闻虚和管锥赶紧分散开,忘情脑后箍着青藤圈发束指向管锥,他却急急掠身寻上闻虚。身后两女自是领会他的意思,黎黎长鞭一挥,就与孟清窈合在一起掠向管锥。一对一她俩有些招架不下,二对一的话,就掰回不少差距。
本是闪身躲避的闻虚脚上几道闪电游离,他竟暴掠出现在忘情身前,身后一阵噼里啪啦的轰鸣。忘情电光火石间亍亍停下,一招光寒递出,闻虚亦是反应不慢,凭空一拳轰出,咔嚓一声响后一道夺目闪电劈了下来。两人都是凭着记忆掠身后退,又都趁着恢复的瞬间复又缠斗到了一起。
归兮频动,雷鸣不止。来来回回数十招后忘情一脚踹开闻虚,合身一个切牙旋去。闻虚却借力一跃而起,一道梭形雷煞从手中飞出,却被沙音一手推开,直接在山壁上炸出一个圆坑。
忘情心满沙音的防式,却也不会被动挨打,情丝一断落于台上,鬼手悍然出现拽着忘情的脚就往回拽,让翻身落下袭来的闻虚扑了个空。他未加停留地追着忘情,却未料到鬼手竟手腕一抖,将忘情复又抛投回来。
脚下一阵闪电咔嚓生生止住身形,闻虚大喝一声,右臂上逶迤出一道闪电,一拳击向带着归兮旋转的忘情。而忘情却是一道白金朱红之喙甩出,身子随着梭形之喙闪到闻虚身旁,那声鹤鸣在雷声中稀薄地完全听不见。闻虚十分果断,将雷羽展鸣式一拳砸在青台上。青台不仅被砸出了一个坑,其裂缝如蛛网一般蔓延开来。
忘情用鹤鸣近身后救祭出了月翘,脚下频频轻点,绕着闻虚划出五道曲线,其轨迹直如五瓣之花朵,五片花瓣之周形冒出银光,下一个刹那竟真如花瓣一样合上,只是这花美艳之下是将闻虚埋葬在中间的打算。

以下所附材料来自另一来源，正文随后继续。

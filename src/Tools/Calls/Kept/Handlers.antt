-- ===== src/Tools/Calls/Kept/Handlers.antt =====
-- The cases of the dispatcher of tools lose no fact, but for the end of a day.
use narrative_ai_agent.Prelude.{
  ◌≡◌, ◌⊎◌, inl, inr, Bool, true, false, Bool-cases, Option, List, [], ◌∷◌, map, All, if◌then◌else◌,
  arith,
}
use narrative_ai_agent.Prelude.Text.{Text, lit, text_eq}
use narrative_ai_agent.Session.{start}
use narrative_ai_agent.Tools.State.{update_state}
use narrative_ai_agent.Tools.Character.{
  Call, append_soul_tool, append_skill_tool, append_memory_tool, remove_inventory_item,
  remove_currency_tool,
}
use narrative_ai_agent.Tools.Calls.{Payload, Fields, World, Do, done, attempt, on_store, Backend}
use narrative_ai_agent.Tools.Calls.Scenes.{
  call_end_scene, call_maintain_lore, call_update_state, call_rotate_plan, call_leave_world,
  run_scene_update, scene_update, forget_chats, forget_chat,
}
use narrative_ai_agent.Tools.Calls.People.{
  call_create_npc, call_append, call_update_inventory, call_named, call_set_currency,
  call_update_npc, call_search_npc, within_rate, search_in, note_search,
}
use narrative_ai_agent.Tools.Calls.Dispatch.{handlers, handled}
use narrative_ai_agent.Tools.Calls.Kept.{
  steps, Keeps, Keeps-refl, Safe, done-Safe, refuse-Safe, on_store-Safe, attempt-Safe, needs-Safe,
  run_create_npc-Safe, run_update_npc-Safe, with_character-Safe,
}
use narrative_ai_agent.Tools.Calls.Kept.Growing.{
  Grows, soul-Grows, skill-Grows, memory-Grows, item-Grows, drop_item-Grows, currency-Grows,
  drop_currency-Grows,
}

-- A call that leaves the files as they are.
still-Safe : {A : Type 0} (m : Do A) → ((w : World) → Keeps w (m w).1) → Safe m
still-Safe m keeps = record { keeps = keeps }

or_start-Safe :
    (given : Bool) → Safe (if given then done tt else attempt (on_store start) (λ r. done tt))
or_start-Safe true = done-Safe tt
or_start-Safe false = attempt-Safe _ _ (on_store-Safe start) (λ r. done-Safe tt)

module _ (b : Backend) where
  forget_chats-Safe : Safe (forget_chats b)
  unfolding forget_chats
  forget_chats-Safe = still-Safe _ (λ w. Keeps-refl w)

  forget_chat-Safe : (chat : Text) → Safe (forget_chat b chat)
  unfolding forget_chat
  forget_chat-Safe chat = still-Safe _ (λ w. Keeps-refl w)

  note_search-Safe : (query : Text) → Safe (note_search b query)
  unfolding note_search
  note_search-Safe query = still-Safe _ (λ w. Keeps-refl w)

  within_rate-Safe : (query : Text) → Safe (within_rate b query)
  unfolding within_rate
  within_rate-Safe query = still-Safe _ (λ w. (needs-Safe _ _).keeps w)

  search_in-Safe : (world query : Text) → Safe (search_in b world query)
  unfolding search_in
  search_in-Safe world query = still-Safe _ (λ w. Keeps-refl w)

  call_end_scene-Safe : (args : Fields) → Safe (call_end_scene b args)
  unfolding call_end_scene
  call_end_scene-Safe args = search (steps, or_start-Safe, forget_chats-Safe) depth 12

  call_maintain_lore-Safe : Safe (call_maintain_lore b)
  unfolding call_maintain_lore
  call_maintain_lore-Safe = search (steps)

  pub run_scene_update-Safe :
      (in_flight : Bool) (moment : Text) (npcs : Option (List Text)) (events : List Text)
      → Safe (run_scene_update b in_flight moment npcs events)
  unfolding run_scene_update
  run_scene_update-Safe in_flight moment npcs events = record {
    keeps = λ w.
        (on_store-Safe (
            update_state (map b.to_lower) b.render
              (scene_update b in_flight moment npcs events w.day))).keeps
          w;
  }

  call_update_state-Safe : (args : Fields) → Safe (call_update_state b args)
  unfolding call_update_state
  call_update_state-Safe args = search (steps, run_scene_update-Safe)

  call_rotate_plan-Safe : (args : Fields) → Safe (call_rotate_plan b args)
  unfolding call_rotate_plan
  call_rotate_plan-Safe args = search (steps)

  call_leave_world-Safe : (args : Fields) → Safe (call_leave_world b args)
  unfolding call_leave_world
  call_leave_world-Safe args = search (steps, forget_chat-Safe)

  call_create_npc-Safe : (args : Fields) → Safe (call_create_npc b args)
  unfolding call_create_npc
  call_create_npc-Safe args = search (steps, run_create_npc-Safe b)

  call_update_npc-Safe : (args : Fields) → Safe (call_update_npc b args)
  unfolding call_update_npc
  call_update_npc-Safe args = search (steps, run_update_npc-Safe b) depth 12

  call_search_npc-Safe : (args : Fields) → Safe (call_search_npc b args)
  unfolding call_search_npc
  call_search_npc-Safe args =
      search (steps, within_rate-Safe, search_in-Safe, note_search-Safe) depth 12

  call_append-Safe :
      (name file missing : Text) (act : Text → Text → Text → Call Bool) (args : Fields)
      → ((section value : Text) → Grows (λ character. act character section value))
      → Safe (call_append b name file missing act args)
  unfolding call_append
  call_append-Safe name file missing act args grows = search (steps, with_character-Safe b, grows)

  call_named-Safe :
      (tool status : Text) (more : Fields) (act : Text → Text → Call Bool) (args : Fields)
      → ((name : Text) → Grows (λ character. act character name))
      → Safe (call_named b tool status more act args)
  unfolding call_named
  call_named-Safe tool status more act args grows = search (steps, with_character-Safe b, grows)

  call_update_inventory-Safe : (args : Fields) → Safe (call_update_inventory b args)
  unfolding call_update_inventory
  call_update_inventory-Safe args = search (steps, with_character-Safe b, item-Grows)

  call_set_currency-Safe : (args : Fields) → Safe (call_set_currency b args)
  unfolding call_set_currency
  call_set_currency-Safe args = search (call_named-Safe, currency-Grows)

  -- A case is taken for another name, or it is safe.
  abbrev IsSafe : Text → Text × (Fields → Do Payload) → Type 0
  IsSafe name (n, run) = (text_eq n name ≡ false) ⊎ ((args : Fields) → Safe (run args))

  handled-Safe :
      (cases : List (Text × (Fields → Do Payload))) (name : Text) (args : Fields)
      → All (IsSafe name) cases
      → Safe (handled b cases name args)
  unfolding handled
  handled-Safe [] name args are = refuse-Safe _
  handled-Safe ((n, run) ∷ cases) name args are = elim (Bool-cases (text_eq n name)) [
    | inr other ↦ rw other (handled-Safe cases name args are.1)
    | inl this ↦ elim are.0 [
      | inl other ↦ ground (arith, this, other)
      | inr safe ↦ rw this (safe args)
    ]
  ]

  pub handlers-Safe :
      (name : Text) (args : Fields)
      → text_eq (lit "end_day") name ≡ false
      → Safe (handled b (handlers b) name args)
  unfolding handlers
  handlers-Safe name args differs = handled-Safe (handlers b) name args (
    inl differs,
    (
      inr call_end_scene-Safe,
      (
        inr (λ args. call_maintain_lore-Safe),
        (
          inr call_update_state-Safe,
          (
            inr call_rotate_plan-Safe,
            (
              inr call_create_npc-Safe,
              (
                inr call_leave_world-Safe,
                (
                  inr (λ args.
                      call_append-Safe (lit "update_soul") (lit "SOUL.yaml")
                        (lit ": append text required (no empty updates)") append_soul_tool args
                        soul-Grows),
                  (
                    inr (λ args.
                        call_append-Safe (lit "update_skill") (lit "skill.yaml")
                          (lit ": append text required") append_skill_tool args skill-Grows),
                    (
                      inr (λ args.
                          call_append-Safe (lit "update_memory") (lit "memory.yaml")
                            (lit ": append text required") append_memory_tool args memory-Grows),
                      (
                        inr call_update_inventory-Safe,
                        (
                          inr (λ args.
                              call_named-Safe (lit "remove_inventory_item") (lit "removed") []
                                remove_inventory_item args drop_item-Grows),
                          (
                            inr call_set_currency-Safe,
                            (
                              inr (λ args.
                                  call_named-Safe (lit "remove_currency") (lit "removed") []
                                    remove_currency_tool args drop_currency-Grows),
                              (inr call_update_npc-Safe, (inr call_search_npc-Safe, tt)),
                            ),
                          ),
                        ),
                      ),
                    ),
                  ),
                ),
              ),
            ),
          ),
        ),
      ),
    ),
  )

之所以要将雷羽展鸣式强行变向砸向平台,闻虚就是为了应付下忘情的后招。花瓣相合,却终是差几分距离,那即是天堑。花开即谢,那能再合?台上冒出许多闪电,蜿蜒如龙,冲天而去,月翘所营造的攻式悉数被瓦解。闻虚从慢慢站立起来,如一尊来自远古操持雷电的神灵。

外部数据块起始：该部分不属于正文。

-- ===== src/Net/Readers.antt =====
-- The four loops that read the tunnel meet the interface of a connection (net/tcp.rs, net/udp.rs).
use lantun.Addr.{v4}
use lantun.Net.Tcp.{tcp-IsLoop}
use lantun.Net.Udp.{udp-IsLoop}
use lantun.Forward.Wire.Carried.{IsReader}
use lantun.Net.Tcp
use lantun.Net.Udp
use lantun.Base.{refl}

pub tcp-IsReader : IsReader Tcp.host_reader × IsReader Tcp.client_reader
tcp-IsReader = (
  record { loops = tcp-IsLoop.0; pays = λ chunk. refl; ends = refl },
  record { loops = tcp-IsLoop.2; pays = λ chunk. refl; ends = refl },
)

pub udp-IsReader : IsReader Udp.host_reader × IsReader Udp.client_reader
udp-IsReader = (
  record { loops = (udp-IsLoop (v4 0 0)).0; pays = λ chunk. refl; ends = refl },
  record { loops = (udp-IsLoop (v4 0 0)).2; pays = λ chunk. refl; ends = refl },
)
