-- ===== src/Net/Tcp/Observed.antt =====
-- What the four TCP loops do, told without their parts (lantun-core/src/net/tcp.rs).
use lantun.Forward.{
  panicked, closed, received, stopped, timed_out, finished, slept, stop_changed, Flow, Wake,
}
use lantun.Base.{
  ◌⊎◌, ◌≢◌, ◌-◌, ◌≤◌, ◌↔◌, false, none, true, some, ◌++◌, ◌≡◌, [], concat, ℕ, Bool, Bytes, List,
  Option,
}

-- The bytes that a read of the tunnel brings: none at the end of the stream.
abbrev pub bytes_read : Option Bytes → Bytes
bytes_read none = []
bytes_read (some chunk) = chunk

abbrev pub whole_read : Bytes → Bytes
whole_read chunk = chunk

-- What is to be seen of a loop at a wake: its phase, what it has written and the time of the last
-- activity, before and after. `read` is the bytes that the wake brings.
pub record IsForwarder {A : Type 0} (wake : Wake A → ℕ → Flow → Flow) (read : A → Bytes)
    : Type 0 where
  pub stopped_iff :
      (stop : Bool) (now : ℕ) (f : Flow)
      → ((wake (stop_changed stop) now f).phase ≡ finished stopped) ↔ (stop ≡ true)
  pub stop_keeps :
      (stop : Bool) (now : ℕ) (f : Flow)
      → ((wake (stop_changed stop) now f).sent ≡ f.sent)
        × ((wake (stop_changed stop) now f).last_active ≡ f.last_active)
  pub timed_out_iff :
      (now : ℕ) (f : Flow)
      → ((wake slept now f).phase ≡ finished timed_out) ↔ (20 ≤ now - f.last_active)
  pub sleep_keeps :
      (now : ℕ) (f : Flow)
      → ((wake slept now f).sent ≡ f.sent) × ((wake slept now f).last_active ≡ f.last_active)
  pub closed_iff :
      (a : A) (written : Bool) (now : ℕ) (f : Flow)
      → ((wake (received a written) now f).phase ≡ finished closed) ↔ (read a ≡ [])
  pub read_written :
      (a : A) (now : ℕ) (f : Flow)
      → concat (wake (received a true) now f).sent ≡ concat f.sent ++ read a
  -- A task whose write fails dies by an `unwrap`.
  pub unwritten_iff :
      (a : A) (written : Bool) (now : ℕ) (f : Flow)
      → ((wake (received a written) now f).phase ≡ panicked) ↔ ((read a ≢ []) × (written ≡ false))
  pub unwritten_keeps : (a : A) (now : ℕ) (f : Flow) → (wake (received a false) now f).sent ≡ f.sent
  pub read_active :
      (a : A) (written : Bool) (now : ℕ) (f : Flow)
      → ((read a ≡ []) × ((wake (received a written) now f).last_active ≡ f.last_active))
        ⊎ ((read a ≢ []) × ((wake (received a written) now f).last_active ≡ now))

忘情瞥了眼被两女拖住的管锥,终是下定了决心。地藏合于心魔道的招式全是守,于攻的话只能是其他心通。他只是未想到如此之早就交代出来而已,在从楚地到越地来的那长时日里,除了山水就是密林,总算是回报了一场感悟给他。
脚下一点,将归兮撑开后往天上一抛,同时后跃几步身位,苍樛从他肩头钻出,嘴里吐出的五道樛木沿着忘情的手臂一一搭上张开印在台上的手指上。苍青冥冥之烟乍现,五道苍青之直纹从指间延伸而出。樛木已然消失,苍樛带着青痕的脸盯着远去的直纹,似乎也想看看它之合于心魔道的招式之风光。

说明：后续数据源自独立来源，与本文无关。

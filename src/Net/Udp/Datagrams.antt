-- ===== src/Net/Udp/Datagrams.antt =====
-- Datagrams that are longer than the buffer of the forwarder (net/udp.rs): `recv` and `peek_from`
-- give as much of a datagram as the buffer holds, and the rest of it is lost.
use mathlib.Core.Option
use mathlib.Core.List.{map-append}
use lantun.Forward.Delivery.{Run-sent, chunk, from_socket}
use lantun.Forward.Session.{Run, Session, wake_socket, arm_socket, wake_tunnel, arm_tunnel, Turn}
use lantun.Forward.{closed, finished, Flow, received, tunnel_forwarder_buffer_size}
use lantun.Net.Tcp.{bytes_of}
use lantun.Addr.{v4, addr_eq, SocketAddr}
use lantun.Net.Udp.{
  udp_to_tunnel_client, host_writer, client_writer, udp-IsLoop, overlay_self, own_bytes, Peek,
}
use lantun.Base.{
  ap, ◌∙◌, ◌++◌, [], suc, take_all, ℕ, ◌≤◌, false, true, refl, length-take, ◌∷◌, Bool, arith, map,
  nat_eq, none, length, ◌==◌, List, if◌then◌else◌, ◌≡◌, Option, some, take, Bytes,
}
use lantun.Forward.Loop.{reading-IsLoop, IsLoop, reading, Loop}

pub record Datagram : Type 0 where
  pub from : SocketAddr
  pub content : Bytes

unfoldable pub buffered : Bytes → Bytes
buffered content = take tunnel_forwarder_buffer_size content

-- `peek_from(&mut buf)`, and the `recv(&mut buf[..n])` after it.
abbrev pub peeked : Datagram → Peek
peeked d = record { seen = buffered d.content; from = d.from; taken = some (buffered d.content) }

-- The datagrams that are to be forwarded, whole: a client serves one application, and an empty
-- datagram is taken for the end.
abbrev pub whole : Bytes → Option Bytes
whole content = if length content == 0 then none else some content

abbrev pub own : SocketAddr → Datagram → Option Bytes
own addr d = if d.from == addr then whole d.content else none

take-empty : (n : ℕ) (xs : Bytes) → (length (take (suc n) xs) == 0) ≡ (length xs == 0)
take-empty n [] = refl
take-empty n (x ∷ xs) = ground arith

buffered-empty : (content : Bytes) → (length (buffered content) == 0) ≡ (length content == 0)
unfolding buffered
buffered-empty content = take-empty 1023 content

-- What is forwarded has at most 1024 bytes, and a datagram of no more bytes is forwarded whole.
pub buffered_bounds :
    (content : Bytes)
    → (length (buffered content) ≤ tunnel_forwarder_buffer_size)
      × (length content ≤ tunnel_forwarder_buffer_size → buffered content ≡ content)
unfolding buffered
buffered_bounds content = (
  omega (arith, length-take tunnel_forwarder_buffer_size content),
  take_all tunnel_forwarder_buffer_size content,
)

buffered-payload :
    (content : Bytes) → bytes_of (buffered content) ≡ Option.map buffered (whole content)
buffered-payload content = ground (arith, buffered-empty content)

peeked-payload :
    (addr : SocketAddr) (d : Datagram)
    → own_bytes addr (peeked d) ≡ Option.map buffered (own addr d)
peeked-payload addr d = ground (arith, overlay_self (buffered d.content), buffered-empty d.content)

module _ {A C : Type 0} (reader : Loop A) (writer : Loop C) (given : C → Option Bytes) where
  -- The reads of the socket, whole, that could be written.
  abbrev pub given_from : List (Turn A C) → List Bytes
  given_from = from_socket reader (record { wake = writer.wake; payload = given })

  module _ (cuts : (c : C) → writer.payload c ≡ Option.map buffered (given c)) where
    chunk-cut :
        (o : Option Bytes) (written : Bool)
        → chunk (Option.map buffered o) written ≡ map buffered (chunk o written)
    chunk-cut none written = refl
    chunk-cut (some b) true = refl
    chunk-cut (some b) false = refl

    from_socket-cut :
        (ts : List (Turn A C)) → from_socket reader writer ts ≡ map buffered (given_from ts)
    unfolding from_socket
    from_socket-cut [] = refl
    from_socket-cut (arm_tunnel now ∷ ts) = from_socket-cut ts
    from_socket-cut (wake_tunnel now w ∷ ts) = from_socket-cut ts
    from_socket-cut (arm_socket now ∷ ts) = from_socket-cut ts
    from_socket-cut (wake_socket now (received c written) ∷ ts) =
        rw (cuts c, chunk-cut (given c) written, map-append, from_socket-cut ts) refl
    from_socket-cut (wake_socket now w ∷ ts) = from_socket-cut ts

    module _ (hr : IsLoop reader) (hw : IsLoop writer) where
      Run-given :
          {s u : Session} {ts : List (Turn A C)}
          → Run reader writer s ts u
          → u.socket.sent ≡ s.socket.sent ++ map buffered (given_from ts)
      Run-given {s} {u} {ts} r =
          (Run-sent reader writer hr hw r).1 ∙ ap (λ x. s.socket.sent ++ x) (from_socket-cut ts)

-- The loops as they read datagrams.
abbrev pub host_datagrams : Loop Bytes
host_datagrams = reading buffered host_writer

abbrev pub client_datagrams : SocketAddr → Loop Datagram
client_datagrams addr = reading peeked (client_writer addr)

module _ {A : Type 0} (reader : Loop A) (hr : IsLoop reader) where
  -- The host sends to the tunnel the datagrams of the service, each up to the size of the buffer.
  pub host-Run-cut :
      {s u : Session} {ts : List (Turn A Bytes)}
      → Run reader host_datagrams s ts u
      → u.socket.sent ≡ s.socket.sent ++ map buffered (given_from reader host_datagrams whole ts)
  host-Run-cut r =
      Run-given reader host_datagrams whole buffered-payload hr
        (reading-IsLoop buffered host_writer (udp-IsLoop (v4 0 0)).1) r

  -- An empty datagram of the application is taken for the end of the stream.
  empty-ends :
      (addr : SocketAddr) (written : Bool) (now : ℕ) (f : Flow)
      → (client_datagrams addr).wake (received (record { from = addr; content = [] }) written) now f
        ≡ record f { phase = finished closed }
  unfolding udp_to_tunnel_client buffered
  empty-ends addr written now f = ground arith

  -- However the two tasks of a session of a UDP client are interleaved, it has written to the
  -- tunnel the datagrams of its own application that it could write, in order, each up to the
  -- first 1024 bytes, so that only a datagram of no more bytes is whole; and an empty datagram
  -- ends the task.
  pub client-Run-cut :
      (addr : SocketAddr) {s u : Session} {ts : List (Turn A Datagram)}
      → Run reader (client_datagrams addr) s ts u
      → (u.socket.sent
          ≡ s.socket.sent ++ map buffered (given_from reader (client_datagrams addr) (own addr) ts))
        × ((content : Bytes)
            → (length (buffered content) ≤ tunnel_forwarder_buffer_size)
              × (length content ≤ tunnel_forwarder_buffer_size → buffered content ≡ content))
        × ((written : Bool) (now : ℕ) (f : Flow)
            → (client_datagrams addr).wake
                (received (record { from = addr; content = [] }) written)
                now
                f
              ≡ record f { phase = finished closed })
  client-Run-cut addr r = (
    Run-given reader (client_datagrams addr) (own addr) (peeked-payload addr) hr
        (reading-IsLoop peeked (client_writer addr) (udp-IsLoop addr).3) r,
    buffered_bounds,
    empty-ends addr,
  )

已然觉察出忘情此招的可能很难轻易接下,闻虚边退边双手灵动结印。从地而起一道扇形之网,其经纬相交全是闪电,照的平台之上敞亮如白昼。他还不放心,逼出几道梭形雷煞粘附其上,又将雷羽展鸣式叠到三翅,即三条闪电迸发其右臂上。